======== Information

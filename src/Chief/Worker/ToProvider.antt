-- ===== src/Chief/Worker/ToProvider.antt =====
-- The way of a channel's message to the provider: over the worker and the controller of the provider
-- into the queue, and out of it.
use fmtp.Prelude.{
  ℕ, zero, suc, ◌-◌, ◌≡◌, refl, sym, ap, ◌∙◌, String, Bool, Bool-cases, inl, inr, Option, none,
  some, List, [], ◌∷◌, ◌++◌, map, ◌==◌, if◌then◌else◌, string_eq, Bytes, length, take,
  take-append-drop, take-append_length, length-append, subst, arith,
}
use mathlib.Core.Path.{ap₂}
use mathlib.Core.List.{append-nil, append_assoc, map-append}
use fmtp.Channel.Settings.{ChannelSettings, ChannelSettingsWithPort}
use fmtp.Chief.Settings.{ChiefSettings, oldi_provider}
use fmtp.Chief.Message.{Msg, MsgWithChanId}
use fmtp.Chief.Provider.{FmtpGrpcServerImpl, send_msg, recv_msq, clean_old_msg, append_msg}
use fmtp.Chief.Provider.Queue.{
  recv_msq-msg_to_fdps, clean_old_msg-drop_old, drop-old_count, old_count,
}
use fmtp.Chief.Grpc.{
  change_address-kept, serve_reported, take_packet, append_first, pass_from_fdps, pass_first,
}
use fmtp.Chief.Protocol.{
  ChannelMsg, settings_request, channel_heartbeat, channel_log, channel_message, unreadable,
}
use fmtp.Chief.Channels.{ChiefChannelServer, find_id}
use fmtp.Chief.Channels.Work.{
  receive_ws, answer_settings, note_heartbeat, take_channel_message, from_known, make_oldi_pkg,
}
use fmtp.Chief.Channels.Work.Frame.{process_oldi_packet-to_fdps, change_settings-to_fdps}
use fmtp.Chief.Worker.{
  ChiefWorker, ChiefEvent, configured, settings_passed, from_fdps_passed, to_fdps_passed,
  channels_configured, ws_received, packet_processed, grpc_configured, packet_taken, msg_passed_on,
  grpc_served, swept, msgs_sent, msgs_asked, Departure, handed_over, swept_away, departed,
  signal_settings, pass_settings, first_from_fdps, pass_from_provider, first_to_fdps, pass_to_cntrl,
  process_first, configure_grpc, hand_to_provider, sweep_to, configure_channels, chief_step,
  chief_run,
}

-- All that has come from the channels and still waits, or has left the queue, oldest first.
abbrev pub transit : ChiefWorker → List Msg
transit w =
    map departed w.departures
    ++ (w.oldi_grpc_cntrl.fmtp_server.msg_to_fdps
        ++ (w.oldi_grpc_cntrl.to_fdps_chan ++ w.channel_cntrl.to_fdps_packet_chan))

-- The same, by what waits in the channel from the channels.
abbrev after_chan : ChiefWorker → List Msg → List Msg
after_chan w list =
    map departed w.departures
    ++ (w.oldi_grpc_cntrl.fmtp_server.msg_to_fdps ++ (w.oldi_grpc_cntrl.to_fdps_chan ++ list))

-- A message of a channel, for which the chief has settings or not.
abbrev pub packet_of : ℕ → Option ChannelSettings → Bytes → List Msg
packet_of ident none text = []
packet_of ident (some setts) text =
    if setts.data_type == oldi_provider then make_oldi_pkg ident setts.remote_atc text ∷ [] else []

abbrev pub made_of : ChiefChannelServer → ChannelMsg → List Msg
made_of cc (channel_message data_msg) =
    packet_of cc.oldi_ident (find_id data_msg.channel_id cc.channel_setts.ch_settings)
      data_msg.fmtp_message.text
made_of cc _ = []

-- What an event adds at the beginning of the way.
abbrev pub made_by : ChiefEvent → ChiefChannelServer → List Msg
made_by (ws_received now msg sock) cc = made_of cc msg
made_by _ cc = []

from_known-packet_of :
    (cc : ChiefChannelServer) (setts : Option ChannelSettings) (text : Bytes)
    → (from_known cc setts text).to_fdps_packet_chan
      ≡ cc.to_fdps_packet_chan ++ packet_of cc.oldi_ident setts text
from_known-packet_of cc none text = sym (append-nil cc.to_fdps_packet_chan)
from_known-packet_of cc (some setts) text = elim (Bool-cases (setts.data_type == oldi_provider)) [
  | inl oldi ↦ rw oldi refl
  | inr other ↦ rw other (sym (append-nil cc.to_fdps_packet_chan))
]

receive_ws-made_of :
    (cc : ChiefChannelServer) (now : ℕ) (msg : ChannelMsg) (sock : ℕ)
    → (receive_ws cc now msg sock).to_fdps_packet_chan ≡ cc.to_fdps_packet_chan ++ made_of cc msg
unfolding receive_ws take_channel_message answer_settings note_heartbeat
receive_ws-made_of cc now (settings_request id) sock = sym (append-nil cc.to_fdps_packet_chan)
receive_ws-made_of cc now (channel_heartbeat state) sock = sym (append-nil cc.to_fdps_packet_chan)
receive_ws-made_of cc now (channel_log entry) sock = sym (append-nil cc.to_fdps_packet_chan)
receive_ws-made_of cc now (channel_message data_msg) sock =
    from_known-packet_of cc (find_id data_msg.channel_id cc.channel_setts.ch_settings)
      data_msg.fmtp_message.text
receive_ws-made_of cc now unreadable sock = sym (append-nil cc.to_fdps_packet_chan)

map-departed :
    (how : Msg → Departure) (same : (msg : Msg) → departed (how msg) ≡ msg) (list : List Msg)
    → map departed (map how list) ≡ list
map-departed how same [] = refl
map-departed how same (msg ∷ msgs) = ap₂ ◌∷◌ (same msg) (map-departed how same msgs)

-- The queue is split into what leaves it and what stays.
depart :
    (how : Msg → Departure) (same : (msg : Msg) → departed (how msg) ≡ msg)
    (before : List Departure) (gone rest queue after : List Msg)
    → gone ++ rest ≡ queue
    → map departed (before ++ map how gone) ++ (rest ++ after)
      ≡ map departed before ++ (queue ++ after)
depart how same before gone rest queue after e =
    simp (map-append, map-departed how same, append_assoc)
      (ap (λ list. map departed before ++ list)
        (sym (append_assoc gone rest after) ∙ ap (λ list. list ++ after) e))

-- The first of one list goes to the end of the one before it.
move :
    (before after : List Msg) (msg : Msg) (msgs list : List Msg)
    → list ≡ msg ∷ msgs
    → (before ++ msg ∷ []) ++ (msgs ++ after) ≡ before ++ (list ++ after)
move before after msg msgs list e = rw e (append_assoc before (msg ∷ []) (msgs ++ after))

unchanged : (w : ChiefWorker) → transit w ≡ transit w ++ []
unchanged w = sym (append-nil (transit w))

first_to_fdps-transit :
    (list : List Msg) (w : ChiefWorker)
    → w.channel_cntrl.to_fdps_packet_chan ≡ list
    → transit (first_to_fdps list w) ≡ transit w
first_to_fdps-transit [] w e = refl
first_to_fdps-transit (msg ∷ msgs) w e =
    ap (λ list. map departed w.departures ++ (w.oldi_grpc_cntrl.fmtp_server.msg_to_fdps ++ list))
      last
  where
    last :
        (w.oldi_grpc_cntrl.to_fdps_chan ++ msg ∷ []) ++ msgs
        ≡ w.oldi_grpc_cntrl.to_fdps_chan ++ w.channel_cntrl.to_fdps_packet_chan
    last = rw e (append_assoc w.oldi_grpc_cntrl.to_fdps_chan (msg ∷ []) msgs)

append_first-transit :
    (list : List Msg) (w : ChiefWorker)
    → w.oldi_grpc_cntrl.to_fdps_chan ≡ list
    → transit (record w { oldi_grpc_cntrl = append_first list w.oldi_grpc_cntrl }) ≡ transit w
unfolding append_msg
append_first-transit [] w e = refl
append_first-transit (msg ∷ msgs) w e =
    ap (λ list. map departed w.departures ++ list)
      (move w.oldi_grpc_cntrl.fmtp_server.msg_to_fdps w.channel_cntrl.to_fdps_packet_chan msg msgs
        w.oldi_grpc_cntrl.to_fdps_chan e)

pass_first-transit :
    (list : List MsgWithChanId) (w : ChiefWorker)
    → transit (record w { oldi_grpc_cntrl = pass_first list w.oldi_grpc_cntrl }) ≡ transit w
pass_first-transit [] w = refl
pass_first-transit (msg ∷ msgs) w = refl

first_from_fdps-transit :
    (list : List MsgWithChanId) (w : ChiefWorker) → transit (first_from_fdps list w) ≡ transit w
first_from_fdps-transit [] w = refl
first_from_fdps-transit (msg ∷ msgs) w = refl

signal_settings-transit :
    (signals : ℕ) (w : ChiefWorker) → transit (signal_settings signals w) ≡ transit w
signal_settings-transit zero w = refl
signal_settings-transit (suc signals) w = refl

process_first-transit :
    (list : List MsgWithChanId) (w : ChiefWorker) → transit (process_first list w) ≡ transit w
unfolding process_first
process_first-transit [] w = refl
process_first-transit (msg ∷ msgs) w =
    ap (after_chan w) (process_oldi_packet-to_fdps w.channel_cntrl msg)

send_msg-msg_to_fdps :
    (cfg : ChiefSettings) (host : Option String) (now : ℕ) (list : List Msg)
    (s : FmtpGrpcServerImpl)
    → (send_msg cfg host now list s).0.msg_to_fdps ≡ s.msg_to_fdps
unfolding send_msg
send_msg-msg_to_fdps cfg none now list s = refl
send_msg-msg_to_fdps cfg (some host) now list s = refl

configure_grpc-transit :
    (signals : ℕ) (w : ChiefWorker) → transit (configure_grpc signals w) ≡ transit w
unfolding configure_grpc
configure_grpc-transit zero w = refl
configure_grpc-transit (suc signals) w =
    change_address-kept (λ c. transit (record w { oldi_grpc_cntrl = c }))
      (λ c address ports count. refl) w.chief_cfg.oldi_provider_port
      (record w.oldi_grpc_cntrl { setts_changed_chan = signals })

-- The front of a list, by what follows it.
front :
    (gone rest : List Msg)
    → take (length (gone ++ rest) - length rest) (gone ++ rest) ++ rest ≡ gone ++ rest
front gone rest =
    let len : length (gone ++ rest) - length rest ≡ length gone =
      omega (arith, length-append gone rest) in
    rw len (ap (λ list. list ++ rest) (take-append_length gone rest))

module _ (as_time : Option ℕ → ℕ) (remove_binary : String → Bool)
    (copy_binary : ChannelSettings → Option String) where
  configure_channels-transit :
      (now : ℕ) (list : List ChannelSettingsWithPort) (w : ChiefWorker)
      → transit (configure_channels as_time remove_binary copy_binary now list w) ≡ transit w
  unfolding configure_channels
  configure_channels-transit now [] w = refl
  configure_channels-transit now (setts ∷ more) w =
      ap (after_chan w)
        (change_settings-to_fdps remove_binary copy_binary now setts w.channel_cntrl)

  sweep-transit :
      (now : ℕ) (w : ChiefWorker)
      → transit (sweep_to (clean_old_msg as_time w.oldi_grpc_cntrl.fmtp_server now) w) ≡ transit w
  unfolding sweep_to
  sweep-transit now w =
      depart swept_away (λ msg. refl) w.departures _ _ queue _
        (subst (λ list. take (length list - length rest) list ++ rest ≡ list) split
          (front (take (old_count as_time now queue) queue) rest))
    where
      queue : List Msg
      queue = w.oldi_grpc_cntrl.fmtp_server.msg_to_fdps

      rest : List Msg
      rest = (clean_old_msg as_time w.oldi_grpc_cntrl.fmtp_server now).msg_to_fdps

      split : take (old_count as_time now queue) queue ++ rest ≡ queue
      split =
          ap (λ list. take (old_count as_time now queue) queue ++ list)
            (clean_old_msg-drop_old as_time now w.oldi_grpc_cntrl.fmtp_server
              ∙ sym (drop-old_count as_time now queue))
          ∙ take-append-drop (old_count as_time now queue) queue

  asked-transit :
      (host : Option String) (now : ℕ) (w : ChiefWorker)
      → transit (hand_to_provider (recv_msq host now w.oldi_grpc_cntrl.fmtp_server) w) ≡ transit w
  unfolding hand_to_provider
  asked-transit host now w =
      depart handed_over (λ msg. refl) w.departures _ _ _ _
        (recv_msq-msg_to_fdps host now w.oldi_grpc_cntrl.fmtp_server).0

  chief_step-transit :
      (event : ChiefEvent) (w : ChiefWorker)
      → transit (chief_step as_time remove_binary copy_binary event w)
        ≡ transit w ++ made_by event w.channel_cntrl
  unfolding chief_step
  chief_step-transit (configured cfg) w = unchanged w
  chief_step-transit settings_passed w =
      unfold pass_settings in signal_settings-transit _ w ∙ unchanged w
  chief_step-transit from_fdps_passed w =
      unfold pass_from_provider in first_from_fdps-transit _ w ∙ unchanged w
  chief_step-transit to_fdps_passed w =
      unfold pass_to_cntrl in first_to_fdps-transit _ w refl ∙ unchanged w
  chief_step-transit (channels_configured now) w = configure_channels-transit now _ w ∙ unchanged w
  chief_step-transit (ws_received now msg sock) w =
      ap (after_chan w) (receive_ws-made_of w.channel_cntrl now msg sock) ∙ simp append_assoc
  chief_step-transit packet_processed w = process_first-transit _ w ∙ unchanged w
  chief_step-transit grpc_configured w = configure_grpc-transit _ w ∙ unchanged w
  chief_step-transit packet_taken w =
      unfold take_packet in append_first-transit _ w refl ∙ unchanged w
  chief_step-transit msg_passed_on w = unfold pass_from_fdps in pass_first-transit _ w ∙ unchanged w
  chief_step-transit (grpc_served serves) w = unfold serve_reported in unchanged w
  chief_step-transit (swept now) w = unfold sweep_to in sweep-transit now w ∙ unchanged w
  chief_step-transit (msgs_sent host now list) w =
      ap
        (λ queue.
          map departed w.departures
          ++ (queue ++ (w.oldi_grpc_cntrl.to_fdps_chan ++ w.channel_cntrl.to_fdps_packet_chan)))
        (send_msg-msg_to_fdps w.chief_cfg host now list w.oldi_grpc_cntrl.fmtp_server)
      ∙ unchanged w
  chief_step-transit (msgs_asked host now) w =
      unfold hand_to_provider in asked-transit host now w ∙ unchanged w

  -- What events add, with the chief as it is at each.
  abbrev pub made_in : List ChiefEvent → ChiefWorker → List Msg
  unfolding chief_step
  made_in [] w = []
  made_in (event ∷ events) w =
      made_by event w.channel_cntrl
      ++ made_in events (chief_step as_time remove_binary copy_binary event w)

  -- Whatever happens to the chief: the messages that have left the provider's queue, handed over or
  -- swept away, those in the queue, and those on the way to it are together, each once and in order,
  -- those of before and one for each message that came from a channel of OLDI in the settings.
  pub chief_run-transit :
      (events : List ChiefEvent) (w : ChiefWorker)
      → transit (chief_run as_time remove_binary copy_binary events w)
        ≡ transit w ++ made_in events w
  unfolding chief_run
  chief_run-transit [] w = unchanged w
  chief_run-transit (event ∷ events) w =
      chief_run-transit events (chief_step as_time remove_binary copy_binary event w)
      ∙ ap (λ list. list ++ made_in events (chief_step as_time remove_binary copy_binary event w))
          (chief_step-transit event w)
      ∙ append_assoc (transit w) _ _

================

- Instructions to follow:
Reproduce the lines of the entries above from the one with "made_of cc _ = []" to the one with "receive_ws-made_of cc now (channel_heartbeat", both included, exactly and without any other line.

- Solution to this problem:
made_of cc _ = []

-- What an event adds at the beginning of the way.
abbrev pub made_by : ChiefEvent → ChiefChannelServer → List Msg
made_by (ws_received now msg sock) cc = made_of cc msg
made_by _ cc = []

from_known-packet_of :
    (cc : ChiefChannelServer) (setts : Option ChannelSettings) (text : Bytes)
    → (from_known cc setts text).to_fdps_packet_chan
      ≡ cc.to_fdps_packet_chan ++ packet_of cc.oldi_ident setts text
from_known-packet_of cc none text = sym (append-nil cc.to_fdps_packet_chan)
from_known-packet_of cc (some setts) text = elim (Bool-cases (setts.data_type == oldi_provider)) [
  | inl oldi ↦ rw oldi refl
  | inr other ↦ rw other (sym (append-nil cc.to_fdps_packet_chan))
]

receive_ws-made_of :
    (cc : ChiefChannelServer) (now : ℕ) (msg : ChannelMsg) (sock : ℕ)
    → (receive_ws cc now msg sock).to_fdps_packet_chan ≡ cc.to_fdps_packet_chan ++ made_of cc msg
unfolding receive_ws take_channel_message answer_settings note_heartbeat
receive_ws-made_of cc now (settings_request id) sock = sym (append-nil cc.to_fdps_packet_chan)
receive_ws-made_of cc now (channel_heartbeat state) sock = sym (append-nil cc.to_fdps_packet_chan)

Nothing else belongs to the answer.